A review by crowsandprose
Fuzzy Nation by John Scalzi

1.0

I really wanted to like this book. H. Beam Piper's "Little Fuzzy" was near and dear to my heart as a teenager, and some of the first hard science fiction I started reading.

This isn't anywhere near that quality. This has hollow characters -- and every male character in the book with the single exception of Sullivan (who only has moments where he's not pretending to be a raging prick along withe Aubrey, Landon, DeLise and Holloway) is very busy throughout the entire book engaging in a planet-wide prick measuring contest which frankly makes for boring reading. If I wanted to see guys measure their pricks, I'm certain I can find it for free on the internet somewhere.

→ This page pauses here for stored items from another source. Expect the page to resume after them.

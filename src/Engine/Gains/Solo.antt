-- ===== src/Engine/Gains/Solo.antt =====
-- What holds of the mixer between any two calls: solo is exclusive, and every gain node has the
-- gain that its stem should have.
use rehearse_kit.Common.{All, Bool-cases, inl, inr, ltb, ◌⊎◌}
use rehearse_kit.Common.{
  Bool, List, [], ap, arith, false, if_both, if◌then◌else◌, map, refl, subst, suc, sym, true, zero,
  ℕ, ◌+◌, ◌||◌, ◌∷◌, ◌≡◌, ◌≤◌,
}
use rehearse_kit.Engine.Gains.{
  GainEvent, gain_set, mute_set, forced_mute_set, solo_set, Channel, change_at, any_solo, mark_solo,
  gain_step, effective_gain, apply_all, set_gain, run_gains, apply, set_mute, set_forced_mute,
  set_solo, clear_solo, unchanged, forced_at, unsolo,
}

module _ {G : Type 0} (clamp : G → G) (silence : G) where
  -- The number of stems that are soloed.
  unfoldable pub solos : List (Channel G) → ℕ
  solos [] = 0
  solos (c ∷ cs) = (if c.soloed then 1 else 0) + solos cs

  unfoldable pub AllApplied : Bool → List (Channel G) → Type 0
  AllApplied any [] = Unit {0}
  AllApplied any (c ∷ cs) = (c.applied ≡ effective_gain clamp silence any c) × AllApplied any cs

  record InStep (cs : List (Channel G)) : Type 0 where
    exclusive : solos cs ≤ 1
    in_step : AllApplied (any_solo clamp silence cs) cs

  Keeps : (Channel G → Channel G) → Type 0
  Keeps f = (c : Channel G) → (f c).soloed ≡ c.soloed

  change_at-solo :
      (any : Bool) (f : Channel G → Channel G) (cs : List (Channel G)) (i : ℕ)
      → Keeps f
      → (any_solo clamp silence (change_at clamp silence any f cs i) ≡ any_solo clamp silence cs)
        × (solos (change_at clamp silence any f cs i) ≡ solos cs)
  unfolding change_at any_solo solos Keeps
  change_at-solo any f [] i k = (refl, refl)
  change_at-solo any f (c ∷ cs) zero k = rw (k c) (refl, refl)
  change_at-solo any f (c ∷ cs) (suc i) k =
      let (a, n) = change_at-solo any f cs i k in
      (ap (λ b. c.soloed || b) a, ap (λ m. (if c.soloed then 1 else 0) + m) n)

  change_at-AllApplied :
      (any : Bool) (f : Channel G → Channel G) (cs : List (Channel G)) (i : ℕ)
      → AllApplied any cs
      → AllApplied any (change_at clamp silence any f cs i)
  unfolding change_at AllApplied effective_gain
  change_at-AllApplied any f [] i v = tt
  change_at-AllApplied any f (c ∷ cs) zero v = (refl, v.1)
  change_at-AllApplied any f (c ∷ cs) (suc i) v = (v.0, change_at-AllApplied any f cs i v.1)

  change_at-InStep :
      (f : Channel G → Channel G) (cs : List (Channel G)) (i : ℕ)
      → Keeps f
      → InStep cs
      → InStep (change_at clamp silence (any_solo clamp silence cs) f cs i)
  change_at-InStep f cs i k v =
      let any = any_solo clamp silence cs in
      let (a, n) = change_at-solo any f cs i k in
      record {
        exclusive = subst (λ m. m ≤ 1) (sym n) v.exclusive;
        in_step =
            subst (λ b. AllApplied b (change_at clamp silence any f cs i)) (sym a)
              (change_at-AllApplied any f cs i v.in_step);
      }

  apply_all-solo :
      (any : Bool) (cs : List (Channel G))
      → (any_solo clamp silence (map (apply clamp silence any) cs) ≡ any_solo clamp silence cs)
        × (solos (map (apply clamp silence any) cs) ≡ solos cs)
        × AllApplied any (map (apply clamp silence any) cs)
  unfolding any_solo solos AllApplied effective_gain
  apply_all-solo any [] = (refl, refl, tt)
  apply_all-solo any (c ∷ cs) =
      let (a, n, v) = apply_all-solo any cs in
      (ap (λ b. c.soloed || b) a, ap (λ m. (if c.soloed then 1 else 0) + m) n, (refl, v))

  apply_all-InStep : (cs : List (Channel G)) → solos cs ≤ 1 → InStep (apply_all clamp silence cs)
  apply_all-InStep cs h =
      let any = any_solo clamp silence cs in
      let (a, n, v) = apply_all-solo any cs in
      record {
        exclusive = subst (λ m. m ≤ 1) (sym n) h;
        in_step = subst (λ b. AllApplied b (map (apply clamp silence any) cs)) (sym a) v;
      }

  cleared-solos : (cs : List (Channel G)) → solos (map (unsolo clamp silence) cs) ≡ 0
  unfolding solos
  cleared-solos [] = refl
  cleared-solos (c ∷ cs) = omega (arith, cleared-solos cs)

  mark_solo-solos :
      (cs : List (Channel G)) (i : ℕ) (next : Bool) → solos (mark_solo clamp silence cs i next) ≤ 1
  unfolding mark_solo solos
  mark_solo-solos [] i next = omega arith
  mark_solo-solos (c ∷ cs) zero true = omega (arith, cleared-solos cs)
  mark_solo-solos (c ∷ cs) zero false = omega (arith, cleared-solos cs)
  mark_solo-solos (c ∷ cs) (suc i) next = omega (arith, mark_solo-solos cs i next)

  gain_step-InStep :
      (cs : List (Channel G)) (x : GainEvent G) → InStep cs → InStep (gain_step clamp silence cs x)
  unfolding gain_step set_gain set_mute set_forced_mute set_solo clear_solo Keeps
  gain_step-InStep cs (gain_set i value) v = change_at-InStep _ cs i (λ c. refl) v
  gain_step-InStep cs (mute_set i muted) v = change_at-InStep _ cs i (λ c. refl) v
  gain_step-InStep cs (forced_mute_set i on) v =
      if_both InStep (unchanged clamp silence (forced_at clamp silence cs i) on) _ _ v
        (change_at-InStep _ cs i (λ c. refl) v)
  gain_step-InStep cs (solo_set i on) v = apply_all-InStep _ (mark_solo-solos cs i _)
  gain_step-InStep cs GainEvent.solo_cleared v =
      apply_all-InStep (map (unsolo clamp silence) cs) (omega (arith, cleared-solos cs))

  -- What is heard of a stem among `n` soloed ones.
  pub record IsHeard (n : ℕ) (c : Channel G) : Type 0 where
    pub when_muted : c.muted ≡ true → c.applied ≡ silence
    pub when_forced : c.forced_mute ≡ true → c.applied ≡ silence
    pub when_silenced : 1 ≤ n → c.soloed ≡ false → c.applied ≡ silence
    pub else_own :
        c.muted ≡ false
        → c.forced_mute ≡ false
        → (n ≡ 0) ⊎ (c.soloed ≡ true)
        → c.applied ≡ c.gain_value

  pub record IsMixed (cs : List (Channel G)) : Type 0 where
    pub exclusive : solos cs ≤ 1
    pub heard : All (IsHeard (solos cs)) cs

  any_solo-solos : (cs : List (Channel G)) → any_solo clamp silence cs ≡ ltb 0 (solos cs)
  unfolding any_solo solos
  any_solo-solos [] = refl
  any_solo-solos (c ∷ cs) = ground (arith, any_solo-solos cs)

  applied-IsHeard :
      (n : ℕ) (c : Channel G) → c.applied ≡ effective_gain clamp silence (ltb 0 n) c → IsHeard n c
  unfolding effective_gain
  applied-IsHeard n c h = record {
    when_muted = λ m. ground (arith, h, m);
    when_forced = λ m. ground (arith, h, m);
    when_silenced = λ l m. ground (arith, h, l, m);
    else_own =
        λ m f k. elim k [ inl z ↦ ground (arith, h, m, f, z) | inr z ↦ ground (arith, h, m, f, z) ];
  }

  IsHeard-applied :
      (n : ℕ) (c : Channel G) → IsHeard n c → c.applied ≡ effective_gain clamp silence (ltb 0 n) c
  unfolding effective_gain
  IsHeard-applied n c v = elim (Bool-cases c.muted) [
    | inl m ↦ rw m (v.when_muted m)
    | inr m ↦ elim (Bool-cases c.forced_mute) [
      | inl f ↦ rw (m, f) (v.when_forced f)
      | inr f ↦ elim (Bool-cases c.soloed) [
        | inl z ↦ let own = v.else_own m f (inr z) in ground (arith, m, f, z, own)
        | inr z ↦ elim (Bool-cases (ltb 0 n)) [
          | inl k ↦
              let none_heard = v.when_silenced (ground (arith, k)) z in
              ground (arith, m, f, z, k, none_heard)
          | inr k ↦
              let own = v.else_own m f (inl (ground (arith, k))) in ground (arith, m, f, z, k, own)
        ]
      ]
    ]
  ]

  AllApplied-IsHeard :
      (n : ℕ) (cs : List (Channel G)) → AllApplied (ltb 0 n) cs → All (IsHeard n) cs
  unfolding AllApplied
  AllApplied-IsHeard n [] v = tt
  AllApplied-IsHeard n (c ∷ cs) v = (applied-IsHeard n c v.0, AllApplied-IsHeard n cs v.1)

  IsHeard-AllApplied :
      (n : ℕ) (cs : List (Channel G)) → All (IsHeard n) cs → AllApplied (ltb 0 n) cs
  unfolding AllApplied
  IsHeard-AllApplied n [] v = tt
  IsHeard-AllApplied n (c ∷ cs) v = (IsHeard-applied n c v.0, IsHeard-AllApplied n cs v.1)

  InStep-IsMixed : (cs : List (Channel G)) → InStep cs → IsMixed cs
  InStep-IsMixed cs v = record {
    exclusive = v.exclusive;
    heard =
        AllApplied-IsHeard (solos cs) cs
          (subst (λ b. AllApplied b cs) (any_solo-solos cs) v.in_step);
  }

  IsMixed-InStep : (cs : List (Channel G)) → IsMixed cs → InStep cs
  IsMixed-InStep cs v = record {
    exclusive = v.exclusive;
    in_step =
        subst (λ b. AllApplied b cs) (sym (any_solo-solos cs))
          (IsHeard-AllApplied (solos cs) cs v.heard);
  }

  run_gains-InStep :
      (xs : List (GainEvent G)) (cs : List (Channel G))
      → InStep cs
      → InStep (run_gains clamp silence cs xs)
  run_gains-InStep [] cs v = v
  run_gains-InStep (x ∷ xs) cs v =
      run_gains-InStep xs (gain_step clamp silence cs x) (gain_step-InStep cs x v)

  -- From channels of which at most one is soloed and of which each is heard as follows, after
  -- any calls of setGain, setMute, setForcedMute, setSolo and clearSolo that is still so: the
  -- gain node of a stem that is muted, or forced mute, or not soloed while some stem is, has
  -- silence; and that of every other stem has the stem's own gain.
  pub run_gains-IsMixed :
      (xs : List (GainEvent G)) (cs : List (Channel G))
      → IsMixed cs
      → IsMixed (run_gains clamp silence cs xs)
  run_gains-IsMixed xs cs v = InStep-IsMixed _ (run_gains-InStep xs cs (IsMixed-InStep cs v))
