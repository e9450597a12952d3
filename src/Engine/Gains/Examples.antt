-- ===== src/Engine/Gains/Examples.antt =====
-- Three stems whose gains are at most 2.
use rehearse_kit.Engine.Gains.Solo.{solos, IsMixed, IsHeard, run_gains-IsMixed}
use rehearse_kit.Common.{
  List, [], arith, false, map, none, refl, some, true, ℕ, ◌∷◌, ◌≡◌, if◌then◌else◌, ltb,
}
use rehearse_kit.Engine.Gains.{
  GainEvent, gain_set, mute_set, forced_mute_set, solo_set, Channel, gain_step, run_gains, set_gain,
  any_solo, set_solo, effective_gain, change_at, mark_solo, soloed_at,
}

abbrev stem : Channel ℕ
stem = record { muted = false; forced_mute = false; soloed = false; gain_value = 1; applied = 1 }

abbrev stems : List (Channel ℕ)
stems = stem ∷ stem ∷ stem ∷ []

abbrev calls : List (GainEvent ℕ)
calls =
    gain_set 1 5
    ∷ solo_set 0 none
    ∷ mute_set 1 true
    ∷ solo_set 2 (some true)
    ∷ forced_mute_set 2 true
    ∷ []

stem-IsHeard : IsHeard (λ x. if ltb 2 x then 2 else x) 0 0 stem
stem-IsHeard = record {
  when_muted = λ m. absurd cc;
  when_forced = λ m. absurd cc;
  when_silenced = λ l m. absurd (omega (arith, l));
  else_own = λ m f k. refl;
}

stems-IsMixed : IsMixed (λ x. if ltb 2 x then 2 else x) 0 stems
unfolding solos
stems-IsMixed = record {
  exclusive = omega arith;
  heard = (stem-IsHeard, (stem-IsHeard, (stem-IsHeard, tt)));
}

run_gains-IsMixed_example :
    IsMixed
      (λ x. if ltb 2 x then 2 else x)
      0
      (run_gains (λ x. if ltb 2 x then 2 else x) 0 stems calls)
run_gains-IsMixed_example =
    run_gains-IsMixed (λ x. if ltb 2 x then 2 else x) 0 calls stems stems-IsMixed

abbrev nodes : List (Channel ℕ) → List ℕ
nodes cs = map (λ c. c.applied) cs

after_calls :
    nodes (run_gains (λ x. if ltb 2 x then 2 else x) 0 stems (gain_set 1 5 ∷ solo_set 1 none ∷ []))
    ≡ 0 ∷ 2 ∷ 0 ∷ []
unfolding gain_step set_gain set_solo change_at mark_solo any_solo soloed_at effective_gain
after_calls = refl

Beyond that, the plot is shallow, there's way too much time spent on the drama llamaing of the male characters over mining rights, and the fuzzies are a political back drop to a book that really should have been written as an original story, since it bears next to no resemblance to H. Beam Piper's works. It seems really like the borrowing of the Fuzzy set up is a marketing ploy, because I don't think this book would have flown on it's own right, if you'd presented it as anything other then a 'reboot' of a vastly superior series, and would have failed. Frankly, I hope we don't see another one of these from Scalzi.

In short: Homage became an insult. Take a pass on this and just go straight to the great: "Little Fuzzy" and other works by H. Beam Piper.